First, is the school a waste of time/money, The tuition for the two schools I saw were between $600 - $700. 

Am I thinking right or wrong here that small engine repair is a decent line of work? I understand starting at the bottom and all that. 

Thanks in advance for your input.

--
Mike N


----------



## 30yearTech (Sep 14, 2006)

I cannot comment on any correspondence courses, as I have not seen them and do not know how comprehensive they might be. Most likely they will cover basic theory, but may not be very specific to any one brand. There is a lot more to repairs then just engine work, if you can find a shop willing to train you may be the best choice.

Best of Luck...


----------



## Twmaster (Aug 11, 2008)

Thanks 30+... I'm more than aware of what is involved more than 'just engines'. 

So the second part of my question... 

Worthwhile trade to get into or not??


----------



## 30yearTech (Sep 14, 2006)

You can make a living at it, I have for over 35 years. I am not wealthy by any means, but I can pay my bills.


----------



## Rentahusband (Aug 25, 2008)

I have been doing sm engine repair for friends, family and word of mouth for many years. My wife says I am obsessed with sm engines as i am either bringing one home or someone is dropping one off and I own 3 riders/push mowers. I do it as a hobby. My training consists of 3yrs of sm engines class in high school, hands on self training and repair manuals.
Just my 2 cents.
Good Luck.
Dean


----------



## chuck_thehammer (Oct 24, 2007)

I am a retired auto repair tech ( I think that is what they call us now)... I repair small engines at home. like 30year said, you will not get rich but you will always have some work to do.
In the times like this most people will want to repair stuff and not buy new.

Chuck


----------



## geogrubb (Jul 28, 2006)

I would suggest checking local Community Colleges and the Adult Classes held at a lot of High Schools if you want to attend some classes. You can never have too much education but with small engines it's experience, experience, experience the more you do it the more sense it makes. My $.02. Have a good one. Geo


----------



## Deathrite (May 21, 2009)

i would like to suggest a trade school. hands on is the best way to go. i understand you have been doing the work but a hands on school might expose you to new engines and parts. also things are starting to change for small engines.. so a school might at least warn ya of the comming fire and brimstone. 
our local tech "college" had 4 classes that totalled around $450 plus the odd book.


----------



## Twmaster (Aug 11, 2008)

Thank you for the suggestions folks. Agreed, education is good stuff. Once I get moved I'll look into what courses the local colleges offer.


----------



## GlynnC (May 9, 2009)

Rentahusbend--you and I have a lot in common. My wife says she's surprised I don't bring a trimmer or something to bed--and I guess I do, at least mentally! I'm always working on someones equip--neighbor, friend, customer, of maybe even one pulled out of a dumpster!

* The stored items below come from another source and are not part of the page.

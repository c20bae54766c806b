-- ===== src/Workspace/Rows.antt =====
-- What storing a task does to its row and to the other rows.
use claw.Prelude.{
  ◌≡◌, refl, sym, ap, ◌∙◌, inl, inr, true, false, ◌&&◌, Option, none, some, List, [], ◌∷◌, arith,
  first, Bool-cases, Option-cases,
}
use claw.Prelude.Text.{Text, text_eq, text_eq_iff}
use claw.Errors.{ok, err, sentinel, no_rows}
use claw.Types.{Task, TaskWorktreeStatus}
use claw.TaskBranch.{Unicode}
use claw.Store.{Store, exec, clock}
use claw.Store.Tasks.{is_task, with_defaults, changed, change_task, require_row, update_task}
use claw.Store.Scheduled.Runs.{first-cons_false}
use claw.Store.Scheduled.Placed.{some-inj, first-cons_true}
use claw.Store.Scheduled.Admission.{IsThrough, driver-through}

-- The row of a task.
abbrev pub row_of : Text → Text → Store → Option Task
row_of user_id task_id s = first (is_task user_id task_id) s.tables.tasks

-- Another key.
abbrev pub IsOther : Text → Text → Text → Text → Type 0
IsOther owner id user_id task_id = (text_eq owner user_id && text_eq id task_id) ≡ false

-- One row of the statement.
change_task_hit :
    (task r : Task) (rows : List Task)
    → is_task task.discord_user_id task.task_id r ≡ true
    → change_task task (r ∷ rows) ≡ changed task r ∷ change_task task rows
unfolding change_task
change_task_hit task r rows h = rw h refl

change_task_miss :
    (task r : Task) (rows : List Task)
    → is_task task.discord_user_id task.task_id r ≡ false
    → change_task task (r ∷ rows) ≡ r ∷ change_task task rows
unfolding change_task
change_task_miss task r rows h = rw h refl

change_task-found :
    (task row : Task) (rows : List Task)
    → first (is_task task.discord_user_id task.task_id) rows ≡ some row
    → first (is_task task.discord_user_id task.task_id) (change_task task rows)
      ≡ some (changed task row)
change_task-found task row [] h = unfold first in cc
change_task-found task row (r ∷ rows) h =
    let p = is_task task.discord_user_id task.task_id in
    elim (Bool-cases (p r)) [
      | inl e ↦
          let same : r ≡ row = some-inj (sym (first-cons_true p r rows e) ∙ h) in
          ap (first p) (change_task_hit task r rows e)
          ∙ first-cons_true p (changed task r) (change_task task rows) e
          ∙ ap (λ x. some (changed task x)) same
      | inr e ↦
          ap (first p) (change_task_miss task r rows e)
          ∙ first-cons_false p r (change_task task rows) e
          ∙ change_task-found task row rows (sym (first-cons_false p r rows e) ∙ h)
    ]

other-false :
    (task r : Task) (user_id task_id : Text)
    → IsOther task.discord_user_id task.task_id user_id task_id
    → is_task task.discord_user_id task.task_id r ≡ true
    → is_task user_id task_id r ≡ false
other-false task r user_id task_id h e =
    ground (
      arith,
      text_eq_iff r.discord_user_id task.discord_user_id,
      text_eq_iff r.task_id task.task_id,
    )

change_task-other :
    (task : Task) (user_id task_id : Text) (rows : List Task)
    → IsOther task.discord_user_id task.task_id user_id task_id
    → first (is_task user_id task_id) (change_task task rows) ≡ first (is_task user_id task_id) rows
change_task-other task user_id task_id [] h = unfold change_task in refl
change_task-other task user_id task_id (r ∷ rows) h =
    let p = is_task user_id task_id in
    elim (Bool-cases (is_task task.discord_user_id task.task_id r)) [
      | inl e ↦
          let off = other-false task r user_id task_id h e in
          ap (first p) (change_task_hit task r rows e)
          ∙ first-cons_false p (changed task r) (change_task task rows) off
          ∙ change_task-other task user_id task_id rows h
          ∙ sym (first-cons_false p r rows off)
      | inr e ↦ ap (first p) (change_task_miss task r rows e) ∙ elim (Bool-cases (p r)) [
        | inl y ↦ first-cons_true p r _ y ∙ sym (first-cons_true p r rows y)
        | inr n ↦
            first-cons_false p r (change_task task rows) n
            ∙ change_task-other task user_id task_id rows h
            ∙ sym (first-cons_false p r rows n)
      ]
    ]

-- The defaults keep the key.
stays :
    (u : Unicode) (task row : Task) (s : Store)
    → row_of task.discord_user_id task.task_id s ≡ some row
    → first
        (is_task task.discord_user_id task.task_id)
        (change_task (with_defaults u s.now task) s.tables.tasks)
      ≡ some (changed (with_defaults u s.now task) row)
unfolding with_defaults
stays u task row s found = change_task-found (with_defaults u s.now task) row s.tables.tasks found

kept :
    (u : Unicode) (task : Task) (s : Store) (user_id task_id : Text)
    → IsOther task.discord_user_id task.task_id user_id task_id
    → IsOther
        (with_defaults u s.now task).discord_user_id
        (with_defaults u s.now task).task_id
        user_id
        task_id
unfolding with_defaults
kept u task s user_id task_id h = h

-- What a step leaves alone: the rows of the other tasks, and a driver that goes through.
pub record Spares (owner id : Text) (s t : Store) : Type 0 where
  pub others :
      (user_id task_id : Text)
      → IsOther owner id user_id task_id
      → row_of user_id task_id t ≡ row_of user_id task_id s
  pub through : IsThrough s → IsThrough t

require_row-found :
    (user_id task_id : Text) (row : Task) (s : Store)
    → row_of user_id task_id s ≡ some row
    → require_row user_id task_id s ≡ (ok tt, s)
unfolding require_row
require_row-found user_id task_id row s h = rw (h, require_row) refl

abbrev with_tasks : List Task → Store → Store
with_tasks rows s = record s { tables = record s.tables { tasks = rows } }

-- Storing a task whose row is there gives the row what the task has, and spares the others.
pub update_task-found :
    (u : Unicode) (task row : Task) (s : Store)
    → IsThrough s
    → row_of task.discord_user_id task.task_id s ≡ some row
    → (t : Store) × (update_task u task s ≡ (ok tt, t))
      × (row_of task.discord_user_id task.task_id t
          ≡ some (changed (with_defaults u s.now task) row))
      × Spares task.discord_user_id task.task_id s t
unfolding update_task clock exec
update_task-found u task row s through found =
    let task' = with_defaults u s.now task in
    let t = with_tasks (change_task task' s.tables.tasks) s in
    let there : row_of task.discord_user_id task.task_id t ≡ some (changed task' row) =
      stays u task row s found in
    (
      t,
      rw (driver-through s through)
          (require_row-found task.discord_user_id task.task_id (changed task' row) t there),
      there,
      record {
        others = λ user_id task_id h.
            change_task-other task' user_id task_id s.tables.tasks
              (kept u task s user_id task_id h);
        through = λ h. h;
      },
    )

-- A row of a key, with a worktree that is pruned.
abbrev pub HasStatus : Text → Text → TaskWorktreeStatus → Store → Type 0
HasStatus user_id task_id status s =
    (row : Task) × (row_of user_id task_id s ≡ some row) × (row.worktree_status ≡ status)

change_task-none :
    (task : Task) (rows : List Task)
    → first (is_task task.discord_user_id task.task_id) rows ≡ none
    → first (is_task task.discord_user_id task.task_id) (change_task task rows) ≡ none
change_task-none task [] h = unfold change_task in h
change_task-none task (r ∷ rows) h =
    let p = is_task task.discord_user_id task.task_id in
    elim (Bool-cases (p r)) [
      | inl e ↦ absurd (none-ne-some (sym h ∙ first-cons_true p r rows e))
      | inr e ↦
          ap (first p) (change_task_miss task r rows e)
          ∙ first-cons_false p r (change_task task rows) e
          ∙ change_task-none task rows (sym (first-cons_false p r rows e) ∙ h)
    ]
  where
    none-ne-some : {r : Task} → none ≡ some r → ⊥
    none-ne-some h = cc

require_row-state : (user_id task_id : Text) (s : Store) → (require_row user_id task_id s).1 ≡ s
unfolding require_row
require_row-state user_id task_id s = elim (Option-cases (row_of user_id task_id s)) [
  | inl e ↦ rw (e, require_row) refl
  | inr (row, e) ↦ rw (e, require_row) refl
]

-- Whatever comes back, the rows of the other keys stay, and so does the row of the key where it has
-- the status already that the task has.
pub update_task-row :
    (u : Unicode) (task : Task) (s : Store) (user_id task_id : Text)
    → IsThrough s
    → IsOther task.discord_user_id task.task_id user_id task_id
    → row_of user_id task_id (update_task u task s).1 ≡ row_of user_id task_id s
unfolding update_task clock exec
update_task-row u task s user_id task_id through h = rw (driver-through s through) (
    rw (require_row-state task.discord_user_id task.task_id _) (
      change_task-other (with_defaults u s.now task) user_id task_id s.tables.tasks
        (kept u task s user_id task_id h)))

pub update_task-IsThrough :
    (u : Unicode) (task : Task) (s : Store) → IsThrough s → IsThrough (update_task u task s).1
unfolding update_task clock exec
update_task-IsThrough u task s through =
    rw (driver-through s through)
      (rw (require_row-state task.discord_user_id task.task_id _) through)

pub update_task-missing :
    (u : Unicode) (task : Task) (s : Store)
    → IsThrough s
    → row_of task.discord_user_id task.task_id s ≡ none
    → (update_task u task s).0 ≡ err (sentinel no_rows)
unfolding update_task clock exec
update_task-missing u task s through h =
    rw (driver-through s through)
      (require_row-missing task.discord_user_id task.task_id _ (gone u task s h))
  where
    require_row-missing :
        (user_id task_id : Text) (t : Store)
        → row_of user_id task_id t ≡ none
        → (require_row user_id task_id t).0 ≡ err (sentinel no_rows)
    require_row-missing user_id task_id t e = unfold require_row in rw (e, require_row) refl

    gone :
        (u : Unicode) (task : Task) (s : Store)
        → row_of task.discord_user_id task.task_id s ≡ none
        → row_of task.discord_user_id task.task_id
            (with_tasks (change_task (with_defaults u s.now task) s.tables.tasks) s)
          ≡ none
    gone u task s e =
        unfold with_defaults in change_task-none (with_defaults u s.now task) s.tables.tasks e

My training has all been self taught--would love to have some type of formal training. As equip gets more complicated due to EPA, this may become more important. Working for commercial mowers has taken my work to a whole new level--it's not just gas lines, primer bulbs, fuel filters, and sparkplugs. (Example) Never have changed a clutch on homeowner unit--many on commercial units.

Working on units for money has also changed things--evaluation of defective unit and communication to owner prior to spending a boat load of money is critical. My commercial guys often choose to not have a unit repaired--just too many things wrong and parts and labor add up quickly!


----------



## Deathrite (May 21, 2009)

i agree with the communication of cost. most time we ask up front what would be an "OK" repair cost. most say around $50. the ones that say $20 we tell them to even get into it and see what is wrong will cost more then that. 
recently one of our commercial guys had an engine go out on a gravely. a big one. 72" cut. but he had been looking for en excuse to get new ones because he didnt really like the gravely. so no new engine. he picked it up and will use it for parts on the ones still running and look into new ones. 
other commercial people seem to not care about price they just want it fixed!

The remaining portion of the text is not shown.